**Action item:**
Return the following from the records below: each line, word for word, starting with the line that contains "module _ (address" and going on through the line that contains "(indexed : IndexedFirst", with nothing outside that range.

Stored records
■ ■ ■ ■ ■ ■ ■
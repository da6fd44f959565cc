-- ===== src/Store/Finish.antt =====
-- `finish_reorg` of src/db/pg.rs as a whole.
use rust_bitcoin_indexer.Base.{
  ℕ, suc, ◌+◌, ◌≤◌, ◌<◌, ◌≡◌, ◌∙◌, sym, subst, refl, not, Option, none, List, [], ◌++◌, map, arith,
  ◌==◌, length,
}
use rust_bitcoin_indexer.Base.Outcome.{ok, assert, >>=-eq-ok, subst_ok}
use rust_bitcoin_indexer.BTreeMap.{split_from}
use rust_bitcoin_indexer.BTreeMap.Consecutive.{IsFrom, split_from-IsFrom}
use rust_bitcoin_indexer.Types.{BlockHeight, BlockHash, u32_size}
use rust_bitcoin_indexer.Bitcoin.{BlockData, Network}
use rust_bitcoin_indexer.Db.{Db}
use rust_bitcoin_indexer.Db.Current.{cut, push_all, length-cut}
use rust_bitcoin_indexer.Format.{block_row}
use rust_bitcoin_indexer.Store.Differs.{Agrees, first_different-Agrees}
use rust_bitcoin_indexer.Store.Holding.{waiting}
use rust_bitcoin_indexer.Store.{IndexerStore, block_ids, process_batch, start_workers}
use rust_bitcoin_indexer.Store.Insert.{
  first_different, or_height, revert_from, replay_pending, finish_reorg,
}
use rust_bitcoin_indexer.Store.Coherent.{
  IsCoherent, block-revert_from, revert_from-IsCoherent, set_extinct-ExtinctFrom,
}
use rust_bitcoin_indexer.Store.Batch.{AreNew, process_batch-IsCoherent, process_batch-block}
use rust_bitcoin_indexer.Store.Indexed.{
  blocks_of, KeysMatch, IndexedFirst, IndexedFirst-set_extinct, IndexedFirst-split_from,
  KeysMatch-split_from,
}
use rust_bitcoin_indexer.Store.Reorg.{Replayed, replay_pending-Replayed}

-- Finishing a reorg: the chain below the first pending block, with all the pending blocks on top.
module _ (address : Network → ℕ → Option ℕ) (s s' : IndexerStore) (c : List BlockHash)
    (lo : BlockHeight) (k : IsCoherent (length c) s.db c) (counted : s.chain_block_count ≡ length c)
    (no_batch : s.batch ≡ []) (from_lo : IsFrom lo s.pending_reorg)
    (keys : KeysMatch s.pending_reorg) (le : lo ≤ length c)
    (overtakes : lo + length s.pending_reorg ≡ suc (length c)) (small : suc (length c) < u32_size)
    (indexed : IndexedFirst s.db.block s.pending_reorg) where
  abbrev pub from : BlockHeight
  from = or_height (first_different s.db s.pending_reorg) s.chain_block_count

  pub agrees : Agrees s.db c lo s.pending_reorg from
  agrees =
      rw counted
        (first_different-Agrees s.db c lo s.pending_reorg k.current from_lo keys le overtakes)

  pub replayed :
      Replayed
        (length c)
        (cut from c)
        (split_from from s.pending_reorg)
        (replay_pending none (split_from from s.pending_reorg) (revert_from from s.db) [])
  replayed =
      let cuts = length-cut from c agrees.within in
      let split =
        split_from-IsFrom lo from s.pending_reorg from_lo agrees.above
          (omega (arith, agrees.within)) in
      replay_pending-Replayed (length c) none (split_from from s.pending_reorg)
        (revert_from from s.db) (cut from c) (rw cuts split.0)
        (KeysMatch-split_from from s.pending_reorg keys) (omega (arith, cuts, split.1)) refl
        (revert_from-IsCoherent from (length c) s.db c k)
        (rw (block-revert_from, cuts) (set_extinct-ExtinctFrom from s.db.block))
        (rw block-revert_from (
          IndexedFirst-set_extinct from s.db.block _
            (IndexedFirst-split_from from s.db.block lo s.pending_reorg from_lo indexed)))

  -- What finishing the reorg did: the database of the loop, and the batch that was written on it.
  pub record Finished : Type 0 where
    pub after : Db
    pub batch : List BlockData
    pub chain : List BlockHash
    pub replays :
        replay_pending none (split_from from s.pending_reorg) (revert_from from s.db) []
        ≡ ok (after, batch)
    pub fresh : AreNew (length chain) batch after.block
    pub pushed :
        push_all (block_ids batch) chain
        ≡ push_all (block_ids (blocks_of s.pending_reorg)) (cut lo c)
    pub rows : s'.db.block ≡ after.block ++ map block_row batch
    pub coherent :
        IsCoherent
          (suc (length c))
          s'.db
          (push_all (block_ids (blocks_of s.pending_reorg)) (cut lo c))
    pub count : s'.chain_block_count ≡ suc (length c)
    pub settled : s'.pending_reorg ≡ []
    pub emptied : s'.batch ≡ []
    pub idle : waiting s' ≡ []

  pub finish_reorg-Finished : finish_reorg address s ≡ ok s' → Finished
  unfolding finish_reorg start_workers
  finish_reorg-Finished e =
      let r = replayed in
      let e' = rw (r.returns, no_batch) at e in
      let (_, _, k1) = >>=-eq-ok (assert (not (length r.batch == 0))) _ e' in
      let (written, e2, k2) =
        >>=-eq-ok (process_batch address s.mode s.network r.batch [] r.after) _ k1 in
      let split =
        split_from-IsFrom lo from s.pending_reorg from_lo agrees.above
          (omega (arith, agrees.within)) in
      let total : length r.batch + length r.chain ≡ suc (length c) =
        omega (arith, r.heights, split.1, length-cut from c agrees.within) in
      let done =
        process_batch-IsCoherent s.mode (length c) r.after written.1 r.chain r.batch r.coherent
          r.fresh (omega (arith, total)) address s.network [] written.0 e2 in
      let rows =
        process_batch-block s.mode (length c) r.after written.1 r.chain r.batch r.coherent r.fresh
          (omega (arith, total)) address s.network [] written.0 e2 in
      let view = push_all (block_ids (blocks_of s.pending_reorg)) (cut lo c) in
      let db_same : written.1 ≡ s'.db = ground (arith, k2) in
      record {
        after = r.after;
        batch = r.batch;
        chain = r.chain;
        replays = r.returns;
        fresh = r.fresh;
        pushed = r.pushed ∙ sym agrees.same;
        rows = subst (λ d. d.block ≡ r.after.block ++ map block_row r.batch) db_same rows;
        coherent =
            subst (λ d. IsCoherent (suc (length c)) d view) db_same
              (subst (λ n. IsCoherent n written.1 view) total
                (subst (IsCoherent (length r.batch + length r.chain) written.1)
                  (r.pushed ∙ sym agrees.same) done));
        count = ground (arith, k2, counted, small);
        settled = ground (arith, k2);
        emptied = ground (arith, k2);
        idle = subst_ok (λ x. waiting x ≡ []) k2 refl;
      }

  -- When `finish_reorg` succeeds on a coherent database with consecutive pending blocks that
  -- reach one above the tip, the indexed of them first, the chain becomes the old one cut at the
  -- first pending height with all pending blocks on top, the event log replays to it, the block
  -- count grows by one, and the pending blocks and the batch are empty.
  pub finish_reorg-IsCoherent :
      finish_reorg address s ≡ ok s'
      → IsCoherent
          (suc (length c))
          s'.db
          (push_all (block_ids (blocks_of s.pending_reorg)) (cut lo c))
        × (s'.chain_block_count ≡ suc (length c))
        × (s'.pending_reorg ≡ [])
        × (s'.batch ≡ [])
  finish_reorg-IsCoherent e =
      let f = finish_reorg-Finished e in (f.coherent, f.count, f.settled, f.emptied)
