-- ===== src/Store/Tests.antt =====
-- Runs of the store of src/db/pg.rs: a batch on an empty database, a revert, and a finished reorg.
use rust_bitcoin_indexer.Base.{
  ℕ, ◌≡◌, refl, inl, inr, true, false, Option, none, some, List, [], ◌∷◌, arith,
}
use rust_bitcoin_indexer.Db.{live_desc}
use rust_bitcoin_indexer.Db.{height_bound}
use rust_bitcoin_indexer.Db.Constraints.{foreign_keys_hold}
use rust_bitcoin_indexer.Format.{all_fit}
use rust_bitcoin_indexer.Base.Outcome.{ok}
use rust_bitcoin_indexer.Types.{BlockHeight, BlockHash}
use rust_bitcoin_indexer.Bitcoin.{BlockData, Network, bitcoin}
use rust_bitcoin_indexer.Db.{Db, live_at, find_block, insert_blocks, insert_events, set_extinct}
use rust_bitcoin_indexer.Hash.{hash_to_hash_id, hash_id_and_rest_to_hash}
use rust_bitcoin_indexer.BTreeMap.{BTreeMap, split_from}
use rust_bitcoin_indexer.Store.Indexed.{blocks_of, AreFresh, RowOf}
use rust_bitcoin_indexer.Store.Reorg.{Replayed, replay_pending-Replayed}
use rust_bitcoin_indexer.Db.Replay.{replay}
use rust_bitcoin_indexer.Format.{normal, block_row}
use rust_bitcoin_indexer.Store.{IndexerStore, process_batch}
use rust_bitcoin_indexer.Store.Insert.{
  revert_from, revive_block, replay_pending, first_different, finish_reorg,
}
use rust_bitcoin_indexer.Store.Coherent.{
  IsCoherent, ExtinctFrom, revert_from-IsCoherent, revive_block-IsCoherent,
}
use rust_bitcoin_indexer.Store.Batch.{AreNew, process_batch-IsCoherent}
use rust_bitcoin_indexer.Store.Finish.{finish_reorg-IsCoherent}

abbrev pub no_address : Network → ℕ → Option ℕ
no_address network script = none

abbrev pub empty_block : BlockHeight → BlockHash → BlockHash → BlockData
empty_block height id prev = record {
  height = height;
  id = id;
  payload = record { prev_blockhash = prev; merkle_root = 0; time = 0; txdata = [] };
}

abbrev pub no_db : Db
no_db = record {
  event = [];
  next_event = 1;
  block = [];
  block_tx = [];
  tx = [];
  output = [];
  input = [];
  bulk_mode = some false;
}

abbrev pub two_blocks : List BlockData
two_blocks = empty_block 0 10 0 ∷ empty_block 1 20 10 ∷ []

-- The database with the two blocks.
abbrev pub two_db : Db
two_db = record no_db {
  event =
      record { id = 1; revert = false; block_hash_id = 10 }
      ∷ record { id = 2; revert = false; block_hash_id = 20 }
      ∷ [];
  next_event = 3;
  block =
      record {
        time = 0;
        height = 0;
        extinct = false;
        hash_id = 10;
        hash_rest = 0;
        prev_hash_id = 0;
        merkle_root = 0;
      }
      ∷ record {
        time = 0;
        height = 1;
        extinct = false;
        hash_id = 20;
        hash_rest = 0;
        prev_hash_id = 10;
        merkle_root = 0;
      }
      ∷ [];
}

pub written : process_batch no_address normal bitcoin two_blocks [] no_db ≡ ok ([], two_db)
unfolding process_batch insert_blocks insert_events all_fit foreign_keys_hold
written = refl

pub no_db-IsCoherent : IsCoherent 0 no_db []
unfolding live_at replay
no_db-IsCoherent = record {
  current = record { at = λ h. refl };
  unique = tt;
  in_range = tt;
  below = tt;
  log = refl;
}

pub two_blocks-AreNew : AreNew 0 two_blocks []
unfolding find_block block_row
two_blocks-AreNew = ground arith

pub two_db-IsCoherent : IsCoherent 2 two_db (20 ∷ 10 ∷ [])
two_db-IsCoherent =
    process_batch-IsCoherent normal 0 no_db two_db [] two_blocks no_db-IsCoherent two_blocks-AreNew
      (omega arith) no_address bitcoin [] [] written

process_batch-IsCoherent_example : IsCoherent 2 two_db (20 ∷ 10 ∷ [])
process_batch-IsCoherent_example =
    process_batch-IsCoherent normal 0 no_db two_db [] two_blocks no_db-IsCoherent two_blocks-AreNew
      (omega arith) no_address bitcoin [] [] written

reverted-IsCoherent : IsCoherent 2 (revert_from 1 two_db) (10 ∷ [])
reverted-IsCoherent = revert_from-IsCoherent 1 2 two_db (20 ∷ 10 ∷ []) two_db-IsCoherent

revert_from-IsCoherent_example : IsCoherent 2 (revert_from 1 two_db) (10 ∷ [])
revert_from-IsCoherent_example = revert_from-IsCoherent 1 2 two_db (20 ∷ 10 ∷ []) two_db-IsCoherent

-- A store that collects another block at height 1, and one on top of it.
abbrev pub reorg_store : IndexerStore
reorg_store = record {
  db = two_db;
  pipeline = none;
  batch = [];
  batch_txs_total = 0;
  batch_id = 0;
  mode = normal;
  network = bitcoin;
  node_chain_head_height = 2;
  in_flight = [];
  chain_block_count = 2;
  pending_reorg = (1, empty_block 1 21 10) ∷ (2, empty_block 2 31 21) ∷ [];
}

pub finished : (s : IndexerStore) × (finish_reorg no_address reorg_store ≡ ok s)
unfolding finish_reorg replay_pending split_from first_different hash_id_and_rest_to_hash find_block
    revert_from set_extinct hash_to_hash_id process_batch insert_blocks all_fit foreign_keys_hold
    insert_events live_desc height_bound
finished = (_, refl)

pub reorg_store-AreFresh : AreFresh two_db.block (blocks_of reorg_store.pending_reorg)
unfolding find_block hash_to_hash_id
reorg_store-AreFresh = ground arith

finish_reorg-IsCoherent_example :
    IsCoherent 3 finished.0.db (31 ∷ 21 ∷ 10 ∷ [])
    × (finished.0.chain_block_count ≡ 3)
    × (finished.0.pending_reorg ≡ [])
    × (finished.0.batch ≡ [])
finish_reorg-IsCoherent_example =
    finish_reorg-IsCoherent no_address reorg_store finished.0 (20 ∷ 10 ∷ []) 1 two_db-IsCoherent
      refl refl (refl, (refl, tt)) (refl, (refl, tt)) (omega arith) (omega arith) (omega arith)
      (inr reorg_store-AreFresh) finished.1

-- The indexed block at height 1 comes back, and a fresh one follows.
reverted-AreFresh : AreFresh (revert_from 1 two_db).block (empty_block 2 31 20 ∷ [])
unfolding revert_from set_extinct find_block hash_to_hash_id
reverted-AreFresh = ground arith

reverted-ExtinctFrom : ExtinctFrom 1 (revert_from 1 two_db).block
unfolding revert_from set_extinct
reverted-ExtinctFrom = ground arith

reverted-RowOf : RowOf (revert_from 1 two_db).block (empty_block 1 20 10)
unfolding revert_from set_extinct find_block hash_to_hash_id hash_id_and_rest_to_hash
reverted-RowOf = (_, refl, refl, refl)

reverted_row_extinct : reverted-RowOf.0.extinct ≡ true
unfolding reverted-RowOf
reverted_row_extinct = refl

revive_block-IsCoherent_example :
    IsCoherent 2 (revive_block (empty_block 1 20 10) (revert_from 1 two_db)) (20 ∷ 10 ∷ [])
revive_block-IsCoherent_example =
    revive_block-IsCoherent 2 (revert_from 1 two_db) (10 ∷ []) (empty_block 1 20 10)
      reverted-RowOf.0 reverted-IsCoherent reverted-RowOf.1 reverted_row_extinct reverted-RowOf.2
      reverted-RowOf.3

abbrev back : BTreeMap BlockData
back = (1, empty_block 1 20 10) ∷ (2, empty_block 2 31 20) ∷ []

replay_pending-Replayed_example :
    Replayed 2 (10 ∷ []) back (replay_pending none back (revert_from 1 two_db) [])
replay_pending-Replayed_example =
    replay_pending-Replayed 2 none back (revert_from 1 two_db) (10 ∷ []) (refl, (refl, tt))
      (refl, (refl, tt)) (omega arith) refl reverted-IsCoherent reverted-ExtinctFrom
      (inl (reverted-RowOf, inr reverted-AreFresh))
■ ■ ■ ■ ■ ■ ■
**Written answer:**
module _ (address : Network → ℕ → Option ℕ) (s s' : IndexerStore) (c : List BlockHash)
    (lo : BlockHeight) (k : IsCoherent (length c) s.db c) (counted : s.chain_block_count ≡ length c)
    (no_batch : s.batch ≡ []) (from_lo : IsFrom lo s.pending_reorg)
    (keys : KeysMatch s.pending_reorg) (le : lo ≤ length c)
    (overtakes : lo + length s.pending_reorg ≡ suc (length c)) (small : suc (length c) < u32_size)
    (indexed : IndexedFirst s.db.block s.pending_reorg) where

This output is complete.